A copy is needed of each line in the records that has the word "mins".

-=-=-=-=-

-- ===== src/Ml/Train/Artifact.antt =====
-- src/threevn_ml/threevn_ml/train.py, `main`: the run, and the artifact that it writes.
use vn_robotics.Prelude.{ℕ, Bool, String, Option, List, [], ◌∷◌, length}
use vn_robotics.Py.Errors.{Result, ok, ◌>>=◌}
use vn_robotics.Py.Json.{Number, Json, Items, num, str, arr, obj, nil, cons, end, field, item}
use vn_robotics.Data.Dataset.{Frame}
use vn_robotics.Data.Manifest.{Problem, validate}
use vn_robotics.Data.Manifest.Build.{Checkout, git_description}
use vn_robotics.Data.Collect.Session.{json_list}
use vn_robotics.Perception.Image.{Intrinsics}
use vn_robotics.Ml.Features.{geometric_features, shape_features, intrinsics_from_manifest}
use vn_robotics.Ml.Train.{
  Matrix, ErrorSummary, Ridge, Numerics, Stored, Parts, Scores, load_features, parts_by_episode,
  block, columns_of, score_all, fit_variant, predict_rows, refuse_zero, numbers_of,
}

-- What a run is given: the manifest, the frames of the dataset, and what numpy, PIL, the random
-- generator and git do. The arguments come parsed.
pub record Run (F : Type 0) : Type 0 where
  pub manifest : Json F
  pub dataset_frames : List (Frame F)
  pub alpha : F
  pub target_width : F
  pub seed : ℕ
  pub cache : Bool
  pub file : Option (Stored F)
  pub numerics : Numerics F
  pub featurise : Frame F → Result (Option (List F))
  pub shuffle : List ℕ → List ℕ
  pub round_train : ℕ → ℕ
  pub round_val : ℕ → ℕ
  pub checkout : Checkout

pub data Trained (F : Type 0) : Type 0 where
  -- exit code 1
  refused : List (Problem F) → Trained F
  -- exit code 0, with the artifact that is written
  trained : Json F → Trained F

-- The statistics of the columns that the saved model uses, in the training part.
pub record Stats (F : Type 0) : Type 0 where
  pub means : List F
  pub stds : List F
  pub mins : List F
  pub maxs : List F

module _ {F : Type 0} where
  abbrev pub text_items : List String → Items F
  text_items [] = nil
  text_items (s ∷ ss) = cons (str s) (text_items ss)

  abbrev pub rows_json : Matrix F → Items F
  rows_json [] = nil
  rows_json (r ∷ rs) = cons (arr (json_list r)) (rows_json rs)

  -- Ridge.to_dict
  abbrev pub ridge_dict : Ridge F → Json F
  ridge_dict r = obj (
      field "kind" (str "ridge") (
        field "alpha" (num r.alpha) (
          field "weights" (arr (rows_json r.weights))
            (field "intercept" (arr (json_list r.intercept)) end))))

  -- Geometric.to_dict
  abbrev pub geometric_dict : F → Intrinsics (Json F) → Json F
  geometric_dict target_width camera = obj (
      field "kind" (str "geometric") (
        field "target_width" (num target_width) (
          field "fx" camera.fx
            (field "fy" camera.fy (field "cx" camera.cx (field "cy" camera.cy end))))))

  abbrev pub feature_stats : List String → Stats F → Json F
  feature_stats names s = obj (
      field "names" (arr (text_items names)) (
        field "mean" (arr (json_list s.means)) (
          field "std" (arr (json_list s.stds))
            (field "min" (arr (json_list s.mins)) (field "max" (arr (json_list s.maxs)) end)))))

module _ {F : Type 0} ⦃n : Number F⦄ where
  -- The dict that `errors` returns.
  abbrev pub summary_dict : ErrorSummary F → Json F
  summary_dict s = obj (
      field "n" (num (n.literal s.count 0)) (
        field "median_mm" (num s.median_mm) (
          field "p95_mm" (num s.p95_mm) (
            field "max_mm" (num s.max_mm) (
              field "mae_x_mm" (num s.mae_x_mm) (
                field "mae_y_mm" (num s.mae_y_mm) (
                  field "mae_z_mm" (num s.mae_z_mm) (field "bias_z_mm" (num s.bias_z_mm) end))))))))

  abbrev pub scores_dict : Scores F → Json F
  scores_dict s = obj (
      field "train" (summary_dict s.on_train)
        (field "val" (summary_dict s.on_val) (field "test" (summary_dict s.on_test) end)))

  -- results
  abbrev pub results : (baseline geometry shape : Scores F) → Json F
  results baseline geometry shape = obj (
      field "geometric" (scores_dict baseline) (
        field "ridge geometry" (scores_dict geometry)
          (field "ridge + shape" (scores_dict shape) end)))

  abbrev pub split_dict : ℕ → Parts → Json F
  split_dict seed parts = obj (
      field "kind" (str "episode") (
        field "seed" (num (n.literal seed 0)) (
          field "train" (num (n.literal (length parts.train_rows) 0)) (
            field "val" (num (n.literal (length parts.val_rows) 0))
              (field "test" (num (n.literal (length parts.test_rows) 0)) end)))))

  -- The entry that identifies the dataset, from its manifest.
  unfoldable pub dataset_entry : Json F → Result (Json F)
  dataset_entry doc = do
    world ← item "world" doc
    robot ← item "robot" doc
    frames ← item "frames" doc
    episodes ← item "episodes" doc
    created ← item "created" doc
    code ← item "code" doc
    labels ← item "labels" doc
    ok (
        obj (
          field "world" world (
            field "robot" robot (
              field "frames" frames (
                field "episodes" episodes
                  (field "recorded" created (field "code" code (field "labels" labels end))))))))

  unfoldable pub artifact_of :
      (ridge baseline_dict metrics stats split dataset code : Json F) → Json F
  artifact_of ridge baseline_dict metrics stats split dataset code = obj (
      field "schema_version" (num (n.literal 1 0)) (
        field "model" ridge (
          field "selected" (str "ridge + shape") (
            field "ablation"
              (obj (
                field "geometry" (arr (text_items geometric_features))
                  (field "+ shape" (arr (text_items shape_features)) end)))
              (field "baseline" baseline_dict (
                field "features" (arr (text_items shape_features)) (
                  field "metrics" metrics (
                    field "feature_stats" stats (
                      field "split" split (field "dataset" dataset (field "code" code end)))))))))))

  abbrev pub stats_of : Numerics F → Matrix F → Result (Stats F)
  stats_of numerics x = do
    means ← numerics.mean x
    stds ← numerics.std x
    mins ← numerics.minimum x
    maxs ← numerics.maximum x
    ok (record { means = means; stds = stds; mins = mins; maxs = maxs })

module _ {F : Type 0} ⦃n : Number F⦄ (run : Run F) where
  open run use {manifest, numerics, alpha, target_width}

  unfoldable pub train_on : Result (Json F)
  unfolding artifact_of dataset_entry
  train_on = do
    camera ← intrinsics_from_manifest manifest
    numbers ← numbers_of camera
    found ← load_features run.featurise run.cache run.file run.dataset_frames
    parts ← parts_by_episode run.shuffle run.round_train run.round_val found.frames
    columns ← columns_of geometric_features
    baseline ←
        score_all numerics (predict_rows numbers target_width) columns found.features found.labels
          parts
    geometry ← fit_variant numerics alpha geometric_features found.features found.labels parts
    shape ← fit_variant numerics alpha shape_features found.features found.labels parts
    tested ← refuse_zero baseline.on_test.median_mm
    compared ← refuse_zero geometry.scores.on_test.median_mm
    x ← block parts.train_rows shape.picked found.features
    stats ← stats_of numerics x
    dataset ← dataset_entry manifest
    ok (
        artifact_of (ridge_dict shape.ridge) (geometric_dict target_width camera)
          (results baseline geometry.scores shape.scores) (feature_stats shape_features stats)
          (split_dict run.seed parts) dataset (git_description run.checkout "/ws"))

  abbrev pub train_if : List (Problem F) → Result (Trained F)
  train_if (p ∷ ps) = ok (refused (p ∷ ps))
  train_if [] = do artifact ← train_on; ok (trained artifact)

  unfoldable pub main : Result (Trained F)
  unfolding train_on
  main = do problems ← validate manifest; train_if problems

-=-=-=-=-

FINAL ANSWER
  pub mins : List F
            (field "min" (arr (json_list s.mins)) (field "max" (arr (json_list s.maxs)) end)))))
    mins ← numerics.minimum x
    ok (record { means = means; stds = stds; mins = mins; maxs = maxs })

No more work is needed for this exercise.